[SUPPLIED RECORDS — start]

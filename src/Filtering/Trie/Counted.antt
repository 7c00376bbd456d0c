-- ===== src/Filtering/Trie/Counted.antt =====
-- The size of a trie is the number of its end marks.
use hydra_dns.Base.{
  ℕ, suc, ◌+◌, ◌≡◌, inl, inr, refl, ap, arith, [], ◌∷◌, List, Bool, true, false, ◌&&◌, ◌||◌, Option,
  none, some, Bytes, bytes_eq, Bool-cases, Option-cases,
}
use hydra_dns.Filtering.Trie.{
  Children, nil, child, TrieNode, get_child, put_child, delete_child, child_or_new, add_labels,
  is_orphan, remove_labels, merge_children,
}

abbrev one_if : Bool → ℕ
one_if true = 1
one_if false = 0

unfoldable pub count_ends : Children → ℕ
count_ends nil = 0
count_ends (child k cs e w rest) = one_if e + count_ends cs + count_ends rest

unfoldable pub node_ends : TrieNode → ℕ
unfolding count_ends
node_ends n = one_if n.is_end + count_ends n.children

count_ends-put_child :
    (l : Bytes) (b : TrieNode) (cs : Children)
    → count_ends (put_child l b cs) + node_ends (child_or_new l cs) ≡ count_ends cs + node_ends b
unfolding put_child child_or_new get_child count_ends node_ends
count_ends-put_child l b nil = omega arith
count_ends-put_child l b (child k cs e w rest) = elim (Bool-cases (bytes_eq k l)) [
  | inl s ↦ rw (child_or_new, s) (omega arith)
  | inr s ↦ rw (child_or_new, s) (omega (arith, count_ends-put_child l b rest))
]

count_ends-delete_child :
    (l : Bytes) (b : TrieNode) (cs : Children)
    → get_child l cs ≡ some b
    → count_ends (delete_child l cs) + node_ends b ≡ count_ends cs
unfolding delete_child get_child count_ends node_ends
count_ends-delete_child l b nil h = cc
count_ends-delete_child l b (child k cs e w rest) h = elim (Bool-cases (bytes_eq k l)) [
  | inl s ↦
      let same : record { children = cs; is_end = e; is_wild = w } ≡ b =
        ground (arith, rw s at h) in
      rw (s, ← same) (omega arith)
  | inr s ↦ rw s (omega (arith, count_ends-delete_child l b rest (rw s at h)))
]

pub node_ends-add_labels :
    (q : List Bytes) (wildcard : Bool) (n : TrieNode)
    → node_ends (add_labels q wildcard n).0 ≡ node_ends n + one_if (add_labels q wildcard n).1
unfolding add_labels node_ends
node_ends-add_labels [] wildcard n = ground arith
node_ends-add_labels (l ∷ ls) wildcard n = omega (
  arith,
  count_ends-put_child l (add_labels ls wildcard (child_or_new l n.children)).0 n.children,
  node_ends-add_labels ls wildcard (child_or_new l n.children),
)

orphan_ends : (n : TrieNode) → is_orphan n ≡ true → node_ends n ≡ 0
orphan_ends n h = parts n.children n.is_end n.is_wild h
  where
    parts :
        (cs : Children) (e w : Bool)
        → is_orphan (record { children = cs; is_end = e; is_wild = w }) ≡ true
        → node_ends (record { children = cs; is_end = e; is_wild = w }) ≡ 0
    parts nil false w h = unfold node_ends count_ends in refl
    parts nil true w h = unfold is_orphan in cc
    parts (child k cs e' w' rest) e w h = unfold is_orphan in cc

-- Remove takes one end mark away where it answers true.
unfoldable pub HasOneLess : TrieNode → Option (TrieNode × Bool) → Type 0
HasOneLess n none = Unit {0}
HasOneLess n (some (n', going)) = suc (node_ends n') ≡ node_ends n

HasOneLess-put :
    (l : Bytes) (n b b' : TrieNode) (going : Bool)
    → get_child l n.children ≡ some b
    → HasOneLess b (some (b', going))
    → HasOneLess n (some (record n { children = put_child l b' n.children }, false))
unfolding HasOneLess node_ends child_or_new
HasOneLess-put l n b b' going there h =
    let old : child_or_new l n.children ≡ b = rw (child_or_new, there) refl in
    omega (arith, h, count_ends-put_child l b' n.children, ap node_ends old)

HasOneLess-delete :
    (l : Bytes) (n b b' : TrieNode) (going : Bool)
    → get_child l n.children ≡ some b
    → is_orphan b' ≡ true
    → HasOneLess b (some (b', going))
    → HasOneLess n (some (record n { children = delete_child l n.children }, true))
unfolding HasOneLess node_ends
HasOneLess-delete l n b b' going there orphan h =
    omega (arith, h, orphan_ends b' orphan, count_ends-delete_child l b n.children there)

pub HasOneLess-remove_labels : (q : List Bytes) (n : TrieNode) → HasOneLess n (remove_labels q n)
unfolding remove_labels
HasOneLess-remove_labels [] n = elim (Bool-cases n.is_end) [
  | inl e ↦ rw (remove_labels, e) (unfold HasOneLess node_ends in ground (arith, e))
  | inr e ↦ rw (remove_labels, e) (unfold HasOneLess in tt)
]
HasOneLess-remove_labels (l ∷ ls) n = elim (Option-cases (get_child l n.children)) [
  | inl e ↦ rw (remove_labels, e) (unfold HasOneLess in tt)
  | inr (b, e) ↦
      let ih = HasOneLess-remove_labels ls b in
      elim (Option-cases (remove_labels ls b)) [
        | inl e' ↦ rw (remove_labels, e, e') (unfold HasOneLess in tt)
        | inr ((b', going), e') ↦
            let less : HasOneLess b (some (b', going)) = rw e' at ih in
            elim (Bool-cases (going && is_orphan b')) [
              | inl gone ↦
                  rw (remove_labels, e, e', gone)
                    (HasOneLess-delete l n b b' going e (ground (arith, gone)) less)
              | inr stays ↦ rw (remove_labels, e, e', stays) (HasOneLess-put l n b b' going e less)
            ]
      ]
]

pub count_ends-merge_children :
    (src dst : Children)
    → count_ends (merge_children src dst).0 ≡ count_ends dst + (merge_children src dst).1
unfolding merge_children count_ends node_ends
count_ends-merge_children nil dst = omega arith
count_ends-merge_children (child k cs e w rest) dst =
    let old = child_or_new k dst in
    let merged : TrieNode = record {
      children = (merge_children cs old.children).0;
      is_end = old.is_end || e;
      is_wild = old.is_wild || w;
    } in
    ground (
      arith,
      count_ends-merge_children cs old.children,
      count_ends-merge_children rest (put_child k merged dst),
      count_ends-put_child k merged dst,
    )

[SUPPLIED RECORDS — finish]

EXERCISE GOAL: Each record must appear again, word for word.

OUTPUT OF THE EXERCISE:
filename src/Filtering/Trie/Counted.antt
repository 7c00376bbd456d0c
-- ===== src/Filtering/Trie/Counted.antt =====
-- The size of a trie is the number of its end marks.
use hydra_dns.Base.{
  ℕ, suc, ◌+◌, ◌≡◌, inl, inr, refl, ap, arith, [], ◌∷◌, List, Bool, true, false, ◌&&◌, ◌||◌, Option,
  none, some, Bytes, bytes_eq, Bool-cases, Option-cases,
}
use hydra_dns.Filtering.Trie.{
  Children, nil, child, TrieNode, get_child, put_child, delete_child, child_or_new, add_labels,
  is_orphan, remove_labels, merge_children,
}

abbrev one_if : Bool → ℕ
one_if true = 1
one_if false = 0

unfoldable pub count_ends : Children → ℕ
count_ends nil = 0
count_ends (child k cs e w rest) = one_if e + count_ends cs + count_ends rest

unfoldable pub node_ends : TrieNode → ℕ
unfolding count_ends
node_ends n = one_if n.is_end + count_ends n.children

count_ends-put_child :
    (l : Bytes) (b : TrieNode) (cs : Children)
    → count_ends (put_child l b cs) + node_ends (child_or_new l cs) ≡ count_ends cs + node_ends b
unfolding put_child child_or_new get_child count_ends node_ends
count_ends-put_child l b nil = omega arith
count_ends-put_child l b (child k cs e w rest) = elim (Bool-cases (bytes_eq k l)) [
  | inl s ↦ rw (child_or_new, s) (omega arith)
  | inr s ↦ rw (child_or_new, s) (omega (arith, count_ends-put_child l b rest))
]

count_ends-delete_child :
    (l : Bytes) (b : TrieNode) (cs : Children)
    → get_child l cs ≡ some b
    → count_ends (delete_child l cs) + node_ends b ≡ count_ends cs
unfolding delete_child get_child count_ends node_ends
count_ends-delete_child l b nil h = cc
count_ends-delete_child l b (child k cs e w rest) h = elim (Bool-cases (bytes_eq k l)) [
  | inl s ↦
      let same : record { children = cs; is_end = e; is_wild = w } ≡ b =
        ground (arith, rw s at h) in
      rw (s, ← same) (omega arith)
  | inr s ↦ rw s (omega (arith, count_ends-delete_child l b rest (rw s at h)))
]

pub node_ends-add_labels :
    (q : List Bytes) (wildcard : Bool) (n : TrieNode)
    → node_ends (add_labels q wildcard n).0 ≡ node_ends n + one_if (add_labels q wildcard n).1
unfolding add_labels node_ends
node_ends-add_labels [] wildcard n = ground arith
node_ends-add_labels (l ∷ ls) wildcard n = omega (
  arith,
  count_ends-put_child l (add_labels ls wildcard (child_or_new l n.children)).0 n.children,
  node_ends-add_labels ls wildcard (child_or_new l n.children),
)

orphan_ends : (n : TrieNode) → is_orphan n ≡ true → node_ends n ≡ 0
orphan_ends n h = parts n.children n.is_end n.is_wild h
  where
    parts :
        (cs : Children) (e w : Bool)
        → is_orphan (record { children = cs; is_end = e; is_wild = w }) ≡ true
        → node_ends (record { children = cs; is_end = e; is_wild = w }) ≡ 0
    parts nil false w h = unfold node_ends count_ends in refl
    parts nil true w h = unfold is_orphan in cc
    parts (child k cs e' w' rest) e w h = unfold is_orphan in cc

-- Remove takes one end mark away where it answers true.
unfoldable pub HasOneLess : TrieNode → Option (TrieNode × Bool) → Type 0
HasOneLess n none = Unit {0}
HasOneLess n (some (n', going)) = suc (node_ends n') ≡ node_ends n

HasOneLess-put :
    (l : Bytes) (n b b' : TrieNode) (going : Bool)
    → get_child l n.children ≡ some b
    → HasOneLess b (some (b', going))
    → HasOneLess n (some (record n { children = put_child l b' n.children }, false))
unfolding HasOneLess node_ends child_or_new
HasOneLess-put l n b b' going there h =
    let old : child_or_new l n.children ≡ b = rw (child_or_new, there) refl in
    omega (arith, h, count_ends-put_child l b' n.children, ap node_ends old)

HasOneLess-delete :
    (l : Bytes) (n b b' : TrieNode) (going : Bool)
    → get_child l n.children ≡ some b
    → is_orphan b' ≡ true
    → HasOneLess b (some (b', going))
    → HasOneLess n (some (record n { children = delete_child l n.children }, true))
unfolding HasOneLess node_ends
HasOneLess-delete l n b b' going there orphan h =
    omega (arith, h, orphan_ends b' orphan, count_ends-delete_child l b n.children there)

pub HasOneLess-remove_labels : (q : List Bytes) (n : TrieNode) → HasOneLess n (remove_labels q n)
unfolding remove_labels
HasOneLess-remove_labels [] n = elim (Bool-cases n.is_end) [
  | inl e ↦ rw (remove_labels, e) (unfold HasOneLess node_ends in ground (arith, e))
  | inr e ↦ rw (remove_labels, e) (unfold HasOneLess in tt)
]
HasOneLess-remove_labels (l ∷ ls) n = elim (Option-cases (get_child l n.children)) [
  | inl e ↦ rw (remove_labels, e) (unfold HasOneLess in tt)
  | inr (b, e) ↦
      let ih = HasOneLess-remove_labels ls b in
      elim (Option-cases (remove_labels ls b)) [
        | inl e' ↦ rw (remove_labels, e, e') (unfold HasOneLess in tt)
        | inr ((b', going), e') ↦
            let less : HasOneLess b (some (b', going)) = rw e' at ih in
            elim (Bool-cases (going && is_orphan b')) [
              | inl gone ↦
                  rw (remove_labels, e, e', gone)
                    (HasOneLess-delete l n b b' going e (ground (arith, gone)) less)
              | inr stays ↦ rw (remove_labels, e, e', stays) (HasOneLess-put l n b b' going e less)
            ]
      ]
]

pub count_ends-merge_children :
    (src dst : Children)
    → count_ends (merge_children src dst).0 ≡ count_ends dst + (merge_children src dst).1
unfolding merge_children count_ends node_ends
count_ends-merge_children nil dst = omega arith
count_ends-merge_children (child k cs e w rest) dst =
    let old = child_or_new k dst in
    let merged : TrieNode = record {
      children = (merge_children cs old.children).0;
      is_end = old.is_end || e;
      is_wild = old.is_wild || w;
    } in
    ground (
      arith,
      count_ends-merge_children cs old.children,
      count_ends-merge_children rest (put_child k merged dst),
      count_ends-put_child k merged dst,
    )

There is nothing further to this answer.